OBJECTIVE OF THE PRESENT INVENTION
[0007] Accordingly, the objective of the present invention is to
provide a method for fabricating quantum dots.
[0008] Another objective of the present invention is to provide a
method capable of forming large-area, highly uniform and ordered
quantum dot arrays at predefined positions for quantum dot-based
products.
BRIEF SUMMARY OF THE INVENTION
[0009] An embodiment of the invention relates to a method of
fabricating at least one semiconductor quantum dot at a predefined
position, comprising the steps of: patterning a semiconductor base
material using nanoimprint lithography and an etching step, to form
at least one nano-hole at the predefined position in the
semiconductor base material; and growing the at least one
semiconductor quantum dot in or on top of the at least one
nano-hole by metalorganic chemical vapor deposition. This
embodiment achieves an outstanding uniformity and ordering of the
quantum dots. Furthermore, this embodiment realizes an accurate
site control for quantum dot arrays and single quantum dots.
Furthermore, this embodiment has the ability to create patterned
substrates with either high or low dense structures
simultaneously.
[0010] According to a preferred embodiment, the method further
comprises the steps of: growing a first semiconductor buffer layer
on a substrate, said first semiconductor buffer layer forming said
semiconductor base material; and patterning the first semiconductor
buffer layer based on said nanoimprint lithography and said etching
step, to form said nano-hole in the first semiconductor buffer
layer. The first semiconductor buffer layer is not mandatory,
however, it enhances the surface quality and thus supports the
growth of quantum dots later on.
[0011] Preferably, the method also comprises the steps of growing a
second buffer layer on the patterned first semiconductor buffer
layer, and growing the semiconductor quantum dot in the nano-hole
of the second semiconductor buffer layer. The second semiconductor
buffer layer further enhances the surface quality and thus the
quality of the quantum dots.
[0012] In order to support the growth of the second semiconductor
buffer layer, surface oxide from the first semiconductor buffer
layer is preferably removed before growing the second semiconductor
buffer layer on the patterned first semiconductor buffer layer.

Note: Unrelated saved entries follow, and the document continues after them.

-- ===== src/Token/Reach.antt =====
-- The wrapper over time: its storage, what it holds, and the rate of what it holds, as calls,
-- rewards and gifts change them.
use native.Mathlib.Nat.{mul-le-mul_left, mul-le-mul_right}
use cavern_lsd_wrapper.Base.{
  ℕ, ◌*◌, ◌≤◌, ◌≡◌, ◌≢◌, some, [], ok, false, arith, String, Option, subst, ap, ◌∙◌,
}
use cavern_lsd_wrapper.Std.{Env, MessageInfo, Response}
use cavern_lsd_wrapper.Std.Decimals.{Decimals, Documented}
use cavern_lsd_wrapper.Basset.Wrapper
use cavern_lsd_wrapper.Basset.Wrapper.{ExecuteMsg, is_decompound}
use cavern_lsd_wrapper.Host.{Host}
use cavern_lsd_wrapper.Cw20.{Cw20}
use cavern_lsd_wrapper.Cw20.Supply.{Supplies}
use cavern_lsd_wrapper.LsdHub.Trait.{LsdHub}
use cavern_lsd_wrapper.Custody.{Custody}
use cavern_lsd_wrapper.Deployment.{Deployment}
use cavern_lsd_wrapper.Token.Store.{Store}
use cavern_lsd_wrapper.Token.Contract.{execute}
use cavern_lsd_wrapper.Token.Decompound.{execute_decompound}
use cavern_lsd_wrapper.Token.Solvency.Payout.{decompound_backed}
use cavern_lsd_wrapper.Token.Solvency.Messages.{message_backed, config_kept}

pub record World (T S : Type 0) : Type 0 where
  pub store : Store T S
  pub held : ℕ
  pub rate : ℕ

module _ {I T S : Type 0} (hub : LsdHub I T) (cw20 : Cw20 S) (cfg : T) (custody : Custody hub cfg)
    (d : Decimals) where
  abbrev pub on : Host → Deployment I T S
  on h = record { host = h; hub = hub; cw20 = cw20 }

  -- A change of the world. The host of a call answers with the rate, and a decompounding also with
  -- the holdings; the call's messages are executed. Between calls the rate may grow, and anyone may
  -- send the wrapper more of the token.
  pub data Step : World T S → World T S → Type 0 where
    called :
        (w : World T S) (h : Host) (env : Env) (info : MessageInfo) (msg : ExecuteMsg)
        (s' : Store T S) (r : Response) (held' : ℕ)
        → h.decimals ≡ d
        → custody.Runs h
        → hub.query_exchange_rate cfg h env ≡ ok w.rate
        → info.sender ≢ env.contract
        → is_decompound msg ≡ false
        → execute (on h) w.store env info msg ≡ ok (s', r)
        → custody.After env info r.messages w.held held'
        → Step w (record { store = s'; held = held'; rate = w.rate })
    decompounded :
        (w : World T S) (h : Host) (env : Env) (info : MessageInfo) (recipient : Option String)
        (s' : Store T S) (r : Response) (held' : ℕ)
        → h.decimals ≡ d
        → custody.Runs h
        → hub.query_exchange_rate cfg h env ≡ ok w.rate
        → hub.get_balance cfg h env env.contract ≡ ok w.held
        → info.funds ≡ []
        → execute (on h) w.store env info (Wrapper.ExecuteMsg.decompound recipient) ≡ ok (s', r)
        → custody.After env info r.messages w.held held'
        → Step w (record { store = s'; held = held'; rate = w.rate })
    earned : (w : World T S) (rate' : ℕ) → w.rate ≤ rate' → Step w (record w { rate = rate' })
    donated : (w : World T S) (held' : ℕ) → w.held ≤ held' → Step w (record w { held = held' })

  pub data Run (w : World T S) : World T S → Type 0 where
    here : Run w w
    next : {u v : World T S} → Run w u → Step u v → Run w v

  module _ (supply : S → ℕ) where
    -- The configuration is stored, and the supply is worth at most what the wrapper holds.
    pub record IsSolvent (w : World T S) : Type 0 where
      pub configured : w.store.lsd_config ≡ some cfg
      pub backed : supply w.store.cw20 * d.one ≤ w.held * w.rate

    module _ (cap : ℕ) (doc : Documented d cap) (laws : Supplies cw20 supply custody.Quiet) where
      Step-IsSolvent : {w v : World T S} → Step w v → IsSolvent w → IsSolvent v
      unfolding execute execute_decompound
      Step-IsSolvent (called w h env info msg s' r held' same runs rated stranger other done after)
            i =
          let doc' : Documented h.decimals cap = rw same doc in
          let scale : h.one ≡ d.one = ap (λ (z : Decimals). z.one) same in
          let backed' : supply w.store.cw20 * h.one ≤ w.held * w.rate = rw scale i.backed in
          let now =
            message_backed (on h) cap doc' w.store env info cfg w.rate i.configured rated supply
              custody laws runs stranger w.held held' s' r after backed' msg other done in
          record {
            configured = config_kept (on h) w.store s' env info msg r other done ∙ i.configured;
            backed = subst (λ (o : ℕ). supply s'.cw20 * o ≤ held' * w.rate) scale now;
          }
      Step-IsSolvent
            (decompounded w h env info recipient s' r held' same runs rated holds unpaid done after)
            i =
          let doc' : Documented h.decimals cap = rw same doc in
          let scale : h.one ≡ d.one = ap (λ (z : Decimals). z.one) same in
          let backed' : supply w.store.cw20 * h.one ≤ w.held * w.rate = rw scale i.backed in
          let (kept, now) =
            decompound_backed (on h) cap doc' w.store env cfg w.rate w.held supply i.configured
              rated holds (laws.info_law w.store.cw20) custody runs info recipient s' r held' done
              after backed' in
          record {
            configured = ap (λ (z : Store T S). z.lsd_config) kept ∙ i.configured;
            backed =
                rw kept (subst (λ (o : ℕ). supply w.store.cw20 * o ≤ held' * w.rate) scale now);
          }
      Step-IsSolvent (earned w rate' grown) i = record {
        configured = i.configured;
        backed = omega (arith, i.backed, mul-le-mul_left w.held grown);
      }
      Step-IsSolvent (donated w held' grown) i = record {
        configured = i.configured;
        backed = omega (arith, i.backed, mul-le-mul_right w.rate grown);
      }

      -- A wrapper that is solvent stays solvent, whatever calls succeed, as long as the rate of
      -- what it holds does not fall.
      pub Run-IsSolvent : {w v : World T S} → Run w v → IsSolvent w → IsSolvent v
      Run-IsSolvent here i = i
      Run-IsSolvent (next r s) i = Step-IsSolvent s (Run-IsSolvent r i)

[0013] In a further preferred embodiment, photo nanoimprint
lithography is applied. Accordingly, this embodiment comprises the
steps of applying a photo curable liquid resist to the
semiconductor base material, pressing a mold and the semiconductor
base material together, curing the photo curable liquid resist, and
separating the mold from the cured photo curable liquid resist. For
instance, the photo curable liquid resist may be an UV-light
curable liquid resist which may be cured by applying UV-light.

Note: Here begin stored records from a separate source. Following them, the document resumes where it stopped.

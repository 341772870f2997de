-- ===== src/Token/Deployed.antt =====
-- A wrapper from its deployment on (packages/cavern_lsd_wrapper_token/src/contract.rs,
-- `instantiate`): the tokens of the initial balances are the first that must be backed.
use cavern_lsd_wrapper.Base.{
  ℕ, ◌+◌, ◌*◌, ◌≤◌, ◌≡◌, String, List, [], ◌∷◌, some, none, ok, Outcome-cases, inl, inr, arith,
}
use cavern_lsd_wrapper.Std.{Env, MessageInfo, Response}
use cavern_lsd_wrapper.Std.Decimals.{Decimals, Documented}
use cavern_lsd_wrapper.Host.{Host}
use cavern_lsd_wrapper.Cw20.{Cw20, InstantiateMsg}
use cavern_lsd_wrapper.Cw20.Supply.{Supplies}
use cavern_lsd_wrapper.LsdHub.Trait.{LsdHub}
use cavern_lsd_wrapper.Custody.{Custody}
use cavern_lsd_wrapper.Token.Store.{Store, TokenInitMsg}
use cavern_lsd_wrapper.Token.Contract.{instantiate}
use cavern_lsd_wrapper.Token.Reach.{World, Run, IsSolvent, Run-IsSolvent, on}

abbrev pub total : List (String × ℕ) → ℕ
total [] = 0
total ((a, n) ∷ balances) = n + total balances

-- The library issues the initial balances, and nothing else.
abbrev pub IssuesInitial : {S : Type 0} → Cw20 S → (S → ℕ) → Type 0
IssuesInitial {S} c supply =
    (s : S) (env : Env) (info : MessageInfo) (msg : InstantiateMsg) (r : S × Response)
    → c.instantiate s env info msg ≡ ok r
    → supply r.0 ≡ total msg.initial_balances

module _ {I T S : Type 0} (hub : LsdHub I T) (cw20 : Cw20 S) (cfg : T) (custody : Custody hub cfg)
    (d : Decimals) (supply : S → ℕ) (issues : IssuesInitial cw20 supply) where
  instantiated :
      (h : Host) (s s' : Store T S) (env : Env) (info : MessageInfo) (msg : TokenInitMsg I)
      (r : Response)
      → hub.instantiate_config h msg.lsd_config ≡ ok cfg
      → instantiate (on hub cw20 cfg custody d h) s env info msg ≡ ok (s', r)
      → (s'.lsd_config ≡ some cfg) × (supply s'.cw20 ≡ total msg.initial_balances)
  unfolding instantiate
  instantiated h s s' env info msg r configured done =
      elim (Outcome-cases (h.addr_validate msg.hub_contract)) [
        | inr fails ↦ ground arith
        | inl (a, e) ↦
            elim (Outcome-cases (
              cw20.instantiate s.cw20 env info (record {
                name = msg.name;
                symbol = msg.symbol;
                decimals = msg.decimals;
                initial_balances = msg.initial_balances;
                minter = env.contract;
                cap = none;
                marketing = none;
              }))) [
                | inr fails ↦ ground arith
                | inl (x, made) ↦
                    let issued = issues s.cw20 env info _ x made in (ground arith, ground arith)
              ]
      ]

  -- A wrapper deployed with initial balances that are worth at most what it then holds is solvent
  -- in every world that a run of it leads to.
  pub deployed-IsSolvent :
      (cap : ℕ) (doc : Documented d cap) (laws : Supplies cw20 supply custody.Quiet) (h : Host)
      (s s' : Store T S) (env : Env) (info : MessageInfo) (msg : TokenInitMsg I) (r : Response)
      (held rate : ℕ) (v : World T S)
      → hub.instantiate_config h msg.lsd_config ≡ ok cfg
      → instantiate (on hub cw20 cfg custody d h) s env info msg ≡ ok (s', r)
      → total msg.initial_balances * d.one ≤ held * rate
      → Run hub cw20 cfg custody d (record { store = s'; held = held; rate = rate }) v
      → IsSolvent hub cw20 cfg custody d supply v
  deployed-IsSolvent cap doc laws h s s' env info msg r held rate v configured done backed run =
      let (stored, issued) = instantiated h s s' env info msg r configured done in
      Run-IsSolvent hub cw20 cfg custody d supply cap doc laws run
        (record { configured = stored; backed = rw issued backed })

Nanoimprint lithography (NIL) allows fabricating micro/nanometer
scale patterns with low cost, high throughput and high resolution.
It is considered as an enabling, cost-effective, simple pattern
transfer process for various micro/nano devices and structures
fabrications. The unique advantage of nanoimprint lithography
compared to other patterning techniques is the ability to create
3-D and large-area micro/nano structures with low cost and high
throughput particularly for soft UV-NIL. Nanoimprint lithography is
based on direct mechanical deformation of a resist to replicate the
pattern, no high-energy beam is involved which can avoid potential
damage to the substrate. Therefore, soft UV-NIL (UV-based
nanoimprint lithography using soft molds) offers an ideal approach
to generate a defect-free patterned substrate for forming highly
uniform and ordered quantum dot arrays with low-cost and high
throughput.
[0014] Preferably, the pattern in the cured resist defined by the
mold, is transferred to the semiconductor base material by the
etching step mentioned previously.
[0015] In order to meet the process requirements of UV-NIL and
achieve an accurate alignment of the mold relative to the patterned
substrate, the mold is preferably made of transparent material. For
instance, the mold may be made of one or more of the following
materials: polydimethylsiloxane, fused silica, quartz.

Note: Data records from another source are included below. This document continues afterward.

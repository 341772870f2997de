-- ===== src/Contracts/Solvency.antt =====
-- The wrappers without a limit that are deployed (contracts/cavern-lsd-wrapper,
-- contracts/ampLuna-wrapper, contracts/bLuna-wrapper), each with the token that it wraps.
use cavern_lsd_wrapper.Base.{ℕ, ◌*◌, ◌≤◌, ◌≡◌, String, Option, some, ok, StdResult}
use cavern_lsd_wrapper.Std.{Addr, Binary, Env, MessageInfo, Response}
use cavern_lsd_wrapper.Std.Decimals.{Decimals, Documented}
use cavern_lsd_wrapper.Basset.Payload.{Payload}
use cavern_lsd_wrapper.Host.{Host}
use cavern_lsd_wrapper.Cw20.{Cw20}
use cavern_lsd_wrapper.Cw20.Supply.{Supplies}
use cavern_lsd_wrapper.Custody.Coins.{coin_custody}
use cavern_lsd_wrapper.Custody.Implementations.{steak_custody}
use cavern_lsd_wrapper.LsdHub.Coin.{StrideLsdConfig, stride_hub, instantiate_config}
use cavern_lsd_wrapper.LsdHub.Steak
use cavern_lsd_wrapper.LsdHub.Steak.{
  SteakLsdHub, steak_hub, AmpLunaStateResponse, amp_luna_state, BLunaStateResponse, b_luna_state,
}
use cavern_lsd_wrapper.Token.Store.{Store}
use cavern_lsd_wrapper.Token.Reach.{World, Run}
use cavern_lsd_wrapper.Token.Deployed.{total, IssuesInitial, deployed-IsSolvent}
use cavern_lsd_wrapper.Contracts.Coin.{StrideInitMsg}
use cavern_lsd_wrapper.Contracts.Steak.{SteakInitMsg}
use cavern_lsd_wrapper.Contracts.LsdWrapper
use cavern_lsd_wrapper.Contracts.AmpLuna
use cavern_lsd_wrapper.Contracts.BLuna

module _ {S : Type 0} (cw20 : Cw20 S) (supply : S → ℕ) (issues : IssuesInitial cw20 supply)
    (self : Addr) (cfg : StrideLsdConfig) (d : Decimals) (cap : ℕ) (doc : Documented d cap)
    (laws : Supplies cw20 supply (coin_custody self cfg).Quiet) where
  -- The wrapper of a native coin, deployed with initial balances that are worth at most what it
  -- then holds, keeps its configuration and stays backed, whatever calls succeed, as long as the
  -- rate of the coin does not fall.
  pub lsd_wrapper-IsSolvent :
      (h : Host) (s s' : Store StrideLsdConfig S) (env : Env) (info : MessageInfo)
      (msg : StrideInitMsg) (r : Response) (held rate : ℕ) (v : World StrideLsdConfig S)
      → instantiate_config h msg.lsd_config ≡ ok cfg
      → LsdWrapper.instantiate h cw20 s env info msg ≡ ok (s', r)
      → total msg.initial_balances * d.one ≤ held * rate
      → Run stride_hub cw20 cfg
          (coin_custody self cfg)
          d
          (record { store = s'; held = held; rate = rate })
          v
      → (v.store.lsd_config ≡ some cfg) × (supply v.store.cw20 * d.one ≤ v.held * v.rate)
  unfolding LsdWrapper.instantiate
  lsd_wrapper-IsSolvent h s s' env info msg r held rate v configured done backed run =
      let i =
        deployed-IsSolvent stride_hub cw20 cfg (coin_custody self cfg) d supply issues cap doc laws
          h s s' env info msg r held rate v configured done backed run in
      (i.configured, i.backed)

module _ {S : Type 0} (cw20 : Cw20 S) (supply : S → ℕ) (issues : IssuesInitial cw20 supply)
    (decode : Binary → Option Payload) (self : Addr)
    (query_state : String → Binary → StdResult AmpLunaStateResponse) (cfg : SteakLsdHub)
    (d : Decimals) (cap : ℕ) (doc : Documented d cap)
    (laws : Supplies cw20 supply
      (steak_custody decode self query_state amp_luna_state cfg).Quiet) where
  -- The wrapper of ampLuna, deployed with initial balances that are worth at most what it then holds,
  -- keeps its configuration and stays backed, whatever calls succeed, as long as the rate that the
  -- staking hub reports does not fall.
  pub amp_luna-IsSolvent :
      (h : Host) (s s' : Store SteakLsdHub S) (env : Env) (info : MessageInfo) (msg : SteakInitMsg)
      (r : Response) (held rate : ℕ) (v : World SteakLsdHub S)
      → Steak.instantiate_config h msg.lsd_config ≡ ok cfg
      → AmpLuna.instantiate query_state h cw20 s env info msg ≡ ok (s', r)
      → total msg.initial_balances * d.one ≤ held * rate
      → Run
          (steak_hub query_state amp_luna_state)
          cw20
          cfg
          (steak_custody decode self query_state amp_luna_state cfg)
          d
          (record { store = s'; held = held; rate = rate })
          v
      → (v.store.lsd_config ≡ some cfg) × (supply v.store.cw20 * d.one ≤ v.held * v.rate)
  unfolding AmpLuna.instantiate
  amp_luna-IsSolvent h s s' env info msg r held rate v configured done backed run =
      let i =
        deployed-IsSolvent (steak_hub query_state amp_luna_state) cw20 cfg
          (steak_custody decode self query_state amp_luna_state cfg) d supply issues cap doc laws h
          s s' env info msg r held rate v configured done backed run in
      (i.configured, i.backed)

module _ {S : Type 0} (cw20 : Cw20 S) (supply : S → ℕ) (issues : IssuesInitial cw20 supply)
    (decode : Binary → Option Payload) (self : Addr)
    (query_state : String → Binary → StdResult BLunaStateResponse) (cfg : SteakLsdHub)
    (d : Decimals) (cap : ℕ) (doc : Documented d cap)
    (laws : Supplies cw20 supply
      (steak_custody decode self query_state b_luna_state cfg).Quiet) where
  -- The same of the wrapper of bLuna.
  pub b_luna-IsSolvent :
      (h : Host) (s s' : Store SteakLsdHub S) (env : Env) (info : MessageInfo) (msg : SteakInitMsg)
      (r : Response) (held rate : ℕ) (v : World SteakLsdHub S)
      → Steak.instantiate_config h msg.lsd_config ≡ ok cfg
      → BLuna.instantiate query_state h cw20 s env info msg ≡ ok (s', r)
      → total msg.initial_balances * d.one ≤ held * rate
      → Run
          (steak_hub query_state b_luna_state)
          cw20
          cfg
          (steak_custody decode self query_state b_luna_state cfg)
          d
          (record { store = s'; held = held; rate = rate })
          v
      → (v.store.lsd_config ≡ some cfg) × (supply v.store.cw20 * d.one ≤ v.held * v.rate)
  unfolding BLuna.instantiate
  b_luna-IsSolvent h s s' env info msg r held rate v configured done backed run =
      let i =
        deployed-IsSolvent (steak_hub query_state b_luna_state) cw20 cfg
          (steak_custody decode self query_state b_luna_state cfg) d supply issues cap doc laws h s
          s' env info msg r held rate v configured done backed run in
      (i.configured, i.backed)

[0016] The etching step mentioned above is preferably carried out
in inductively coupled plasma and/or by reactive ion etching and/or
by wet etching.
[0017] A cap layer may be deposited on top of the grown
semiconductor quantum dot. Such a cap layer may protect the quantum
dots during further processing.
[0018] The semiconductor quantum dot may be annealed after
depositing the cap layer in order to increase the crystal
quality.
[0019] For most applications, nano-holes having a circular form or
cross-section will be preferred. The nano-holes may have a diameter
of 30-50 nm and a depth of 20-30 nm.
[0020] For fabricating a mold, the method may further comprise the
steps of first fabricating a master for the mold and fabricating
the mold using the master. The master may be fabricated by electron
beam lithography, focused ion beam lithography, interferometric
lithography and/or block copolymer lithography (e.g. in combination
with an etching process).
[0021] The semiconductor quantum dot material, the first
semiconductor buffer layer and/or the second semiconductor buffer
layer may consist of or may comprise one or more of the following
materials: III-V compound semiconductors, II-VI compound
semiconductors, III-Nitride.
[0022] Furthermore, the substrate may consist of or may comprise
one or more of the following materials: silicon, III-V compound
semiconductors, II-VI compound semiconductors, sapphire, SiC.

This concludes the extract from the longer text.